[[ SUPPLIED DATA open ]]

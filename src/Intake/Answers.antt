-- ===== src/Intake/Answers.antt =====
-- The acknowledgements of apps/api/src/modules/sync/batch.ts, `isSuccessfulAck` of
-- apps/api/src/domain/edgeQueue.ts, the errors, and the rows that a batch writes.
use trinetra_systems.Common.{
  any, string_eq, leb, ltb, nat_eq, Bool, true, false, ◌&&◌, List, [], ◌∷◌, ◌++◌, Option, none,
  some, String, ◌==◌, ◌!=◌, map, if◌then◌else◌,
}
use trinetra_systems.Edge.Sync.{
  AckStatus, accepted, already_processed, conflict, rejected, dependency_pending,
}
use trinetra_systems.Intake.{
  BatchItem, IngestedEvent, ConflictReason, DeadLetter, Failure, http, crashed,
}
use trinetra_systems.Intake.Ingest.{is_settled}

pub data AckMessage : Type 0 where
  text : String → AckMessage
  waiting_for : List String → AckMessage
  conflict_because : ConflictReason → AckMessage

-- `PublicSyncAck`; the key of a conflict is its gateway and its event.
pub record SyncAck : Type 0 where
  pub event_id : String
  pub status : AckStatus
  pub message : Option AckMessage
  pub weighment_id : Option String
  pub transaction_id : Option String
  pub already_processed : Bool

abbrev pub is_successful_ack : AckStatus → Bool
is_successful_ack status = elim status [
  | accepted ↦ true
  | already_processed ↦ true
  | conflict ↦ false
  | rejected ↦ false
  | dependency_pending ↦ false
]

abbrev pub ack : String → AckStatus → Option AckMessage → SyncAck
ack id status message = record {
  event_id = id;
  status = status;
  message = message;
  weighment_id = none;
  transaction_id = none;
  already_processed = false;
}

abbrev pub rejected_ack : String → String → SyncAck
rejected_ack id message = ack id AckStatus.rejected (some (AckMessage.text message))

abbrev pub accepted_ack : String → Option String → SyncAck
accepted_ack id transaction = record (ack id AckStatus.accepted none) {
  transaction_id = transaction;
}

abbrev pub status_of : Bool → AckStatus
status_of already = if already then AckStatus.already_processed else AckStatus.accepted

abbrev pub already_ack : String → Option String → Option String → Bool → SyncAck
already_ack id weighment transaction already = record (ack id (status_of already) none) {
  weighment_id = weighment;
  transaction_id = transaction;
  already_processed = already;
}

abbrev pub duplicate_ack : String → Option String → SyncAck
duplicate_ack id weighment = record (already_ack id weighment none true) {
  message = some (AckMessage.text "Event was already processed");
}

abbrev pub conflict_ack : String → ConflictReason → String → SyncAck
conflict_ack id reason transaction =
    record (ack id AckStatus.conflict (some (AckMessage.conflict_because reason))) {
      transaction_id = some transaction;
    }

abbrev pub failure_message : Failure → String
failure_message (http status message) = message
failure_message (crashed message) = message

abbrev pub is_dependency : Failure → Bool
is_dependency (http status message) = status == 409
is_dependency (crashed message) = false

-- the test `permanent`
unfoldable pub is_permanent : Failure → Bool
is_permanent (http status message) = leb 400 status && ltb status 500 && status != 409
is_permanent (crashed message) = false

abbrev pub failure_ack : String → Failure → SyncAck
failure_ack id f =
    ack id (if is_dependency f then AckStatus.dependency_pending else AckStatus.rejected)
      (some (AckMessage.text (failure_message f)))

unfoldable pub upsert_dead_letter : DeadLetter → List DeadLetter → List DeadLetter
upsert_dead_letter d rows =
    if any (λ (row : DeadLetter). row.event_id == d.event_id) rows
    then map (λ (row : DeadLetter). if row.event_id == d.event_id then d else row) rows
    else rows ++ d ∷ []

abbrev pub synced_row : BatchItem → Bool → IngestedEvent → IngestedEvent
synced_row item already r = record r {
  priority = some item.priority;
  local_transaction_id = item.local_transaction_id;
  payload_hash = item.payload_hash;
  ack_status = some (status_of already);
}

abbrev pub settled_row : Option IngestedEvent → Option IngestedEvent
settled_row none = none
settled_row (some row) = if is_settled row then some row else none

[[ SUPPLIED DATA closed ]]

** WORK REQUIRED **
The full set of records must be output again exactly.

** ANSWER SECTION **
filename src/Intake/Answers.antt
-- ===== src/Intake/Answers.antt =====
-- The acknowledgements of apps/api/src/modules/sync/batch.ts, `isSuccessfulAck` of
-- apps/api/src/domain/edgeQueue.ts, the errors, and the rows that a batch writes.
use trinetra_systems.Common.{
  any, string_eq, leb, ltb, nat_eq, Bool, true, false, ◌&&◌, List, [], ◌∷◌, ◌++◌, Option, none,
  some, String, ◌==◌, ◌!=◌, map, if◌then◌else◌,
}
use trinetra_systems.Edge.Sync.{
  AckStatus, accepted, already_processed, conflict, rejected, dependency_pending,
}
use trinetra_systems.Intake.{
  BatchItem, IngestedEvent, ConflictReason, DeadLetter, Failure, http, crashed,
}
use trinetra_systems.Intake.Ingest.{is_settled}

pub data AckMessage : Type 0 where
  text : String → AckMessage
  waiting_for : List String → AckMessage
  conflict_because : ConflictReason → AckMessage

-- `PublicSyncAck`; the key of a conflict is its gateway and its event.
pub record SyncAck : Type 0 where
  pub event_id : String
  pub status : AckStatus
  pub message : Option AckMessage
  pub weighment_id : Option String
  pub transaction_id : Option String
  pub already_processed : Bool

abbrev pub is_successful_ack : AckStatus → Bool
is_successful_ack status = elim status [
  | accepted ↦ true
  | already_processed ↦ true
  | conflict ↦ false
  | rejected ↦ false
  | dependency_pending ↦ false
]

abbrev pub ack : String → AckStatus → Option AckMessage → SyncAck
ack id status message = record {
  event_id = id;
  status = status;
  message = message;
  weighment_id = none;
  transaction_id = none;
  already_processed = false;
}

abbrev pub rejected_ack : String → String → SyncAck
rejected_ack id message = ack id AckStatus.rejected (some (AckMessage.text message))

abbrev pub accepted_ack : String → Option String → SyncAck
accepted_ack id transaction = record (ack id AckStatus.accepted none) {
  transaction_id = transaction;
}

abbrev pub status_of : Bool → AckStatus
status_of already = if already then AckStatus.already_processed else AckStatus.accepted

abbrev pub already_ack : String → Option String → Option String → Bool → SyncAck
already_ack id weighment transaction already = record (ack id (status_of already) none) {
  weighment_id = weighment;
  transaction_id = transaction;
  already_processed = already;
}

abbrev pub duplicate_ack : String → Option String → SyncAck
duplicate_ack id weighment = record (already_ack id weighment none true) {
  message = some (AckMessage.text "Event was already processed");
}

abbrev pub conflict_ack : String → ConflictReason → String → SyncAck
conflict_ack id reason transaction =
    record (ack id AckStatus.conflict (some (AckMessage.conflict_because reason))) {
      transaction_id = some transaction;
    }

abbrev pub failure_message : Failure → String
failure_message (http status message) = message
failure_message (crashed message) = message

abbrev pub is_dependency : Failure → Bool
is_dependency (http status message) = status == 409
is_dependency (crashed message) = false

-- the test `permanent`
unfoldable pub is_permanent : Failure → Bool
is_permanent (http status message) = leb 400 status && ltb status 500 && status != 409
is_permanent (crashed message) = false

abbrev pub failure_ack : String → Failure → SyncAck
failure_ack id f =
    ack id (if is_dependency f then AckStatus.dependency_pending else AckStatus.rejected)
      (some (AckMessage.text (failure_message f)))

unfoldable pub upsert_dead_letter : DeadLetter → List DeadLetter → List DeadLetter
upsert_dead_letter d rows =
    if any (λ (row : DeadLetter). row.event_id == d.event_id) rows
    then map (λ (row : DeadLetter). if row.event_id == d.event_id then d else row) rows
    else rows ++ d ∷ []

abbrev pub synced_row : BatchItem → Bool → IngestedEvent → IngestedEvent
synced_row item already r = record r {
  priority = some item.priority;
  local_transaction_id = item.local_transaction_id;
  payload_hash = item.payload_hash;
  ack_status = some (status_of already);
}

abbrev pub settled_row : Option IngestedEvent → Option IngestedEvent
settled_row none = none
settled_row (some row) = if is_settled row then some row else none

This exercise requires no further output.